An object of the present invention is to provide a safety valve which can control the flow of well fluids through a production tubing string.
Another object of the present invention is to provide a downhole safety valve which allows a work string to be inserted through the safety valve while the safety valve continues to control well fluid flow.
A further object of the present invention is to provide a downhole safety valve which can be releasably secured within a production tubing string.

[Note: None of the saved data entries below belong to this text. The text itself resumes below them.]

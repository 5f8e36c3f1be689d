-- ===== src/Audit/Chain.antt =====
-- `verify_chain` against an independent description of a chain.
use marcel_arch.Prelude.{
  ℕ, ◌+◌, String, ◌≡◌, ◌↔◌, refl, ap, sym, ◌∙◌, inl, inr, Bool, true, false, Option, none, some,
  List, [], ◌∷◌, eq_iff, eq_refl, arith, length, nat_eq, Bool-cases,
}
use marcel_arch.Prelude.Result.{Result, ok, err}
use marcel_arch.Models.{AuditLog}
use marcel_arch.World.{World}
use marcel_arch.Digests.{Digests, is_ascii}
use marcel_arch.Audit.{
  AuditSigner, compare_digest, same_hash, sign, verify, require, computed_hash, verify_from,
  verify_chain, by_sequence,
}

compare_digest-ok : (a b : String) → compare_digest a b ≡ ok true → a ≡ b
unfolding compare_digest
compare_digest-ok a b h = ground (arith, eq_iff a b)

compare_digest_self : (a : String) → is_ascii a ≡ true → compare_digest a a ≡ ok true
unfolding compare_digest
compare_digest_self a h = rw (h, eq_refl a)

module _ (digests : Digests) (signer : AuditSigner) where
  -- A row as it must stand behind a row with the hash `previous`, as the n-th.
  pub record IsEntry (previous : Option String) (n : ℕ) (r : AuditLog) : Type 0 where
    pub number : r.sequence_number ≡ n
    pub link : r.previous_hash ≡ previous
    pub hashed : r.entry_hash ≡ computed_hash digests signer r
    pub signed : r.signature ≡ sign digests signer r.entry_hash

  abbrev pub IsLinked : Option String → ℕ → List AuditLog → Type 0
  IsLinked previous n [] = Unit
  IsLinked previous n (r ∷ rest) = IsEntry previous n r × IsLinked (some r.entry_hash) (n + 1) rest

  same_hash-eq : (a b : Option String) → same_hash digests signer a b ≡ true → a ≡ b
  same_hash-eq none none h = refl
  same_hash-eq none (some b) h = cc h
  same_hash-eq (some a) none h = cc h
  same_hash-eq (some a) (some b) h = ap some ((eq_iff a b).0 h)

  same_hash_self : (a : Option String) → same_hash digests signer a a ≡ true
  same_hash_self none = refl
  same_hash_self (some a) = eq_refl a

  require-ok :
      (message : String) (n m : ℕ) (test : Result Bool) (rest : Result ℕ)
      → require digests signer message n test rest ≡ ok m
      → (test ≡ ok true) × (rest ≡ ok m)
  require-ok message n m (ok true) rest h = (refl, h)
  require-ok message n m (ok false) rest h = cc h
  require-ok message n m (err e) rest h = cc h

  verify_step :
      (previous : Option String) (n total m : ℕ) (r : AuditLog) (rest : List AuditLog)
      → verify_from digests signer previous n total (r ∷ rest) ≡ ok m
      → IsEntry previous n r
        × (verify_from digests signer (some r.entry_hash) (n + 1) total rest ≡ ok m)
  unfolding verify_from
  verify_step previous n total m r rest h = elim (Bool-cases (nat_eq r.sequence_number n)) [
    | inr e ↦ cc (simp e at h)
    | inl e ↦ elim (Bool-cases (same_hash digests signer r.previous_hash previous)) [
      | inr f ↦ cc (simp (e, f) at h)
      | inl f ↦
          let outer = require-ok _ _ m _ _ (simp (e, f) at h) in
          let inner = require-ok _ _ m _ _ outer.1 in
          (
            record {
              number = ground arith;
              link = same_hash-eq _ _ f;
              hashed = sym (compare_digest-ok _ _ outer.0);
              signed = sym (compare_digest-ok _ _ inner.0);
            },
            inner.1,
          )
    ]
  ]

  verify_from-IsLinked :
      (previous : Option String) (n total m : ℕ) (rs : List AuditLog)
      → verify_from digests signer previous n total rs ≡ ok m
      → IsLinked previous n rs × (m ≡ total)
  verify_from-IsLinked previous n total m [] h = unfold verify_from in (tt, cc h)
  verify_from-IsLinked previous n total m (r ∷ rest) h =
      let (entry, later) = verify_step previous n total m r rest h in
      let (links, e) = verify_from-IsLinked (some r.entry_hash) (n + 1) total m rest later in
      ((entry, links), e)

  hash_passes :
      (r : AuditLog)
      → r.entry_hash ≡ computed_hash digests signer r
      → compare_digest (computed_hash digests signer r) r.entry_hash ≡ ok true
  unfolding computed_hash
  hash_passes r h = rw h (compare_digest_self _ (digests.sha256-is_ascii _))

  signature_passes :
      (payload signature : String)
      → signature ≡ sign digests signer payload
      → verify digests signer payload signature ≡ ok true
  signature_passes payload signature h =
      rw h (compare_digest_self _ (digests.hmac_sha256-is_ascii signer.key payload))

  IsLinked-verify_from :
      (previous : Option String) (n total : ℕ) (rs : List AuditLog)
      → IsLinked previous n rs
      → verify_from digests signer previous n total rs ≡ ok total
  unfolding verify_from
  IsLinked-verify_from previous n total [] h = refl
  IsLinked-verify_from previous n total (r ∷ rest) (entry, links) =
      let later = IsLinked-verify_from (some r.entry_hash) (n + 1) total rest links in
      let number : nat_eq r.sequence_number n ≡ true = ground (arith, entry.number) in
      let link : same_hash digests signer r.previous_hash previous ≡ true =
        rw entry.link (same_hash_self previous) in
      simp (
        number,
        link,
        hash_passes r entry.hashed,
        signature_passes r.entry_hash r.signature entry.signed,
        later,
      )

  -- `verify_chain` accepts the log exactly if its rows, in the order of their numbers, are numbered
  -- from 1 with no gap, each holds the hash of the one before it (the first holds none), its own hash
  -- is that of its contents, and its signature is that of its hash; it then returns their number.
  pub verify_chain_iff :
      {C : Type 0} (w : World C) (m : ℕ)
      → (verify_chain digests signer w ≡ ok m) ↔ (
          IsLinked none 1 (by_sequence w.db.audit_logs)
          × (m ≡ length (by_sequence w.db.audit_logs)))
  unfolding verify_chain
  verify_chain_iff w m =
      let rs = by_sequence w.db.audit_logs in
      (
        λ h. verify_from-IsLinked none 1 (length rs) m rs h,
        λ (links, e). IsLinked-verify_from none 1 (length rs) rs links ∙ ap ok (sym e),
      )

The safety valve contains elastomeric sealing means to engage the exterior of a work string which can be inserted through the safety valve.
A still further object of the invention is to provide a safety valve or downhole blowout preventer which can control fluid flow in the annulus created by inserting a work string into the bore of a production tubing string.

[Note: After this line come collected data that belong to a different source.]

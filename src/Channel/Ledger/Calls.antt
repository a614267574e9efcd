-- ===== src/Channel/Ledger/Calls.antt =====
-- The books and the unary operations: Complete, CallNow, FailPending, StartPending and Call of
-- urpc/core/source/urpc_channel.cc.
use u_rpc.Prelude.{
  ℕ, ◌≡◌, refl, Bool, false, Option, none, some, List, [], ◌∷◌, ◌++◌, arith, if◌then◌else◌, ltb,
  is_empty, All, All-append, if-keeps,
}
use u_rpc.Prelude.Str.{Str}
use u_rpc.Prelude.Map.{Map, find, insert, find-insert}
use u_rpc.Prelude.Map.Sorted.{IsSorted, insert-IsSorted, All-insert, find-Above}
use u_rpc.Status.{Status}
use u_rpc.Codec.{FrameDecoder}
use u_rpc.Loop.{Task, posted, set_timer}
use u_rpc.Channel.State.{
  State, idle, connecting, ready, broken, Call, PendingCall, Deferred, start_call, call_timeout,
  Channel, head_id, tail_ids,
}
use u_rpc.Channel.Calls.{
  submit_request, submitted, call_now, fail_calls, fail_pending, start_calls, start_pending,
  enqueue_call, run_start_call,
}
use u_rpc.Channel.Ledger.{
  Books, OpensAs, IsOpen, WaitsOpen, held_in, waits_in, open_in, waits-append, timed-keeps,
  loop-Books, complete_held-Books,
}

abbrev pub calls_of : List PendingCall → List Call
calls_of [] = []
calls_of (pc ∷ pcs) = pc.call ∷ calls_of pcs

abbrev pub values : Map Call → List Call
values [] = []
values ((id, call) ∷ m) = call ∷ values m

held_in-calls_of : (k : ℕ) (pcs : List PendingCall) → held_in k (calls_of pcs) ≡ waits_in k pcs
held_in-calls_of k [] = refl
held_in-calls_of k (pc ∷ pcs) = ground (arith, held_in-calls_of k pcs)

calls_of-IsOpen : (pcs : List PendingCall) → All WaitsOpen pcs → All IsOpen (calls_of pcs)
calls_of-IsOpen [] h = h
calls_of-IsOpen (pc ∷ pcs) h = (h.0, calls_of-IsOpen pcs h.1)

pub held_in-values :
    (k : ℕ) (m : Map Call) → IsSorted m → All OpensAs m → held_in k (values m) ≡ open_in k m
unfolding find
held_in-values k [] s h = refl
held_in-values k ((id, call) ∷ m) s h =
    ground (arith, held_in-values k m s.1 h.1, h.0, find-Above k id m)

pub values-IsOpen : (m : Map Call) → All OpensAs m → All IsOpen (values m)
values-IsOpen [] h = h
values-IsOpen ((id, call) ∷ m) h = (h.0.1, values-IsOpen m h.1)

module _ (E : ℕ → Bool) (ts : List (Task Deferred)) where
  enter-Books :
      (held : List Call) (call : Call) (sid : ℕ) (c : Channel)
      → Books E ts (call ∷ held) c
      → Books E ts held (record c { calls = insert call.id (record call { sid = sid }) c.calls })
  enter-Books held call sid c (sums, ahead, sorted, keyed, waiting, timers, (o, opens)) = (
    (λ k. ground (arith, sums k, find-insert k call.id (record call { sid = sid }) c.calls)),
    ahead,
    insert-IsSorted call.id (record call { sid = sid }) c.calls sorted,
    All-insert OpensAs call.id (record call { sid = sid }) c.calls (refl, o) keyed,
    waiting,
    timers,
    opens,
  )

  submitted-Books :
      (held : List Call) (answer : Option ℕ) (path framed : Str) (call : Call) (c : Channel)
      → Books E ts (call ∷ held) c
      → Books E ts held (submitted answer path framed call c)
  unfolding submitted
  submitted-Books held none path framed call c h = complete_held-Books E ts held call _ [] c h
  submitted-Books held (some sid) path framed call c h =
      unfold submit_request in
      if-keeps
        (λ c'. Books E ts held (record c' {
          by_stream = insert sid call.id c'.by_stream;
          calls = insert call.id (record call { sid = sid }) c'.calls;
        }))
        (is_empty framed) _ _ (λ _. enter-Books held call sid c h)
        (λ _. enter-Books held call sid c h)

  call_now-Books :
      (held : List Call) (path framed : Str) (call : Call) (c : Channel)
      → Books E ts (call ∷ held) c
      → Books E ts held (call_now path framed call c)
  unfolding call_now
  call_now-Books held path framed call c h =
      submitted-Books held (head_id c.session_ids) path framed call
        (record c { session_ids = tail_ids c.session_ids }) h

  fail_calls-Books :
      (pcs : List PendingCall) (st : Status) (c : Channel)
      → Books E ts (calls_of pcs) c
      → Books E ts [] (fail_calls pcs st c)
  unfolding fail_calls
  fail_calls-Books [] st c h = h
  fail_calls-Books (pc ∷ pcs) st c h =
      fail_calls-Books pcs st _ (complete_held-Books E ts (calls_of pcs) pc.call st [] c h)

  start_calls-Books :
      (pcs : List PendingCall) (c : Channel)
      → Books E ts (calls_of pcs) c
      → Books E ts [] (start_calls pcs c)
  unfolding start_calls
  start_calls-Books [] c h = h
  start_calls-Books (pc ∷ pcs) c h =
      start_calls-Books pcs _ (call_now-Books (calls_of pcs) pc.path pc.framed pc.call c h)

  -- The queue is taken in hand.
  take_pending-Books :
      (c : Channel) → Books E ts [] c → Books E ts (calls_of c.pending) (record c { pending = [] })
  take_pending-Books c (sums, ahead, sorted, keyed, waiting, timers, opens) = (
    (λ k. omega (arith, sums k, held_in-calls_of k c.pending)),
    ahead,
    sorted,
    keyed,
    opens,
    timers,
    calls_of-IsOpen c.pending waiting,
  )

  pub fail_pending-Books :
      (st : Status) (c : Channel) → Books E ts [] c → Books E ts [] (fail_pending st c)
  unfolding fail_pending
  fail_pending-Books st c h = fail_calls-Books c.pending st _ (take_pending-Books c h)

  pub start_pending-Books : (c : Channel) → Books E ts [] c → Books E ts [] (start_pending c)
  unfolding start_pending
  start_pending-Books c h = start_calls-Books c.pending _ (take_pending-Books c h)

  wait-Books :
      (path framed : Str) (call : Call) (c : Channel)
      → Books E ts (call ∷ []) c
      → Books E ts [] (record c {
        pending = c.pending ++ record { path = path; framed = framed; call = call } ∷ [];
      })
  wait-Books path framed call c (sums, ahead, sorted, keyed, waiting, timers, (o, opens)) = (
    (λ k. ground (
      arith,
      sums k,
      waits-append k c.pending (record { path = path; framed = framed; call = call } ∷ []),
    )),
    ahead,
    sorted,
    keyed,
    All-append WaitsOpen c.pending _ waiting (o, opens),
    timers,
    opens,
  )

  enqueue_call-Books :
      (s : State) (path framed : Str) (call : Call) (c : Channel)
      → Books E ts (call ∷ []) c
      → Books E ts [] (enqueue_call s path framed call c)
  unfolding enqueue_call
  enqueue_call-Books ready path framed call c h = call_now-Books [] path framed call c h
  enqueue_call-Books broken path framed call c h = complete_held-Books E ts [] call _ [] c h
  enqueue_call-Books idle path framed call c h = wait-Books path framed call c h
  enqueue_call-Books connecting path framed call c h = wait-Books path framed call c h

  pub run_start_call-Books :
      (id : ℕ) (path framed : Str) (timeout_ms : ℕ) (cb : Option ℕ) (d : FrameDecoder) (c : Channel)
      → Books E (posted (start_call id path framed timeout_ms cb d) ∷ ts) [] c
      → Books E ts [] (run_start_call id path framed timeout_ms cb d c)
  unfolding run_start_call
  run_start_call-Books id path framed timeout_ms cb d c
        (sums, ahead, sorted, keyed, waiting, timers, opens) =
      let timed =
        if ltb 0 timeout_ms
        then set_timer c.timer_init_ok (call_timeout id) c.loop
        else (0, c.loop) in
      let call : Call = record {
        id = id;
        sid = 0;
        timeout_timer = timed.0;
        decoder = d;
        done = cb;
        completed = false;
      } in
      enqueue_call-Books c.state path framed call (record c { loop = timed.1 })
        (loop-Books E ts (call ∷ []) timed.1 c
          (timed-keeps (ltb 0 timeout_ms) c.timer_init_ok (call_timeout id) c.loop (λ k. refl))
          ((λ k. ground (arith, sums k)), ahead, sorted, keyed, waiting, timers, (refl, opens)))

Another object of the present invention is to provide a safety valve or downhole blowout preventer which will block fluid flow through a production tubing string after a work string has been withdrawn from the tubing string.
An additional object of the present invention is to provide a downhole blowout preventer to prevent the undesired escape of well fluids while moving a work string through the bore of a production tubing string.
A further object of the present invention is to provide a downhole safety valve which has a valve closure means that can be mechanically opened by inserting a work string through the safety valve and will automatically close when the work string is withdrawn from the safety valve.
A further object of the present invention is to provide a method for preventing undesired fluid flow while servicing or working over a well which has not been killed by drilling mud or workover fluids.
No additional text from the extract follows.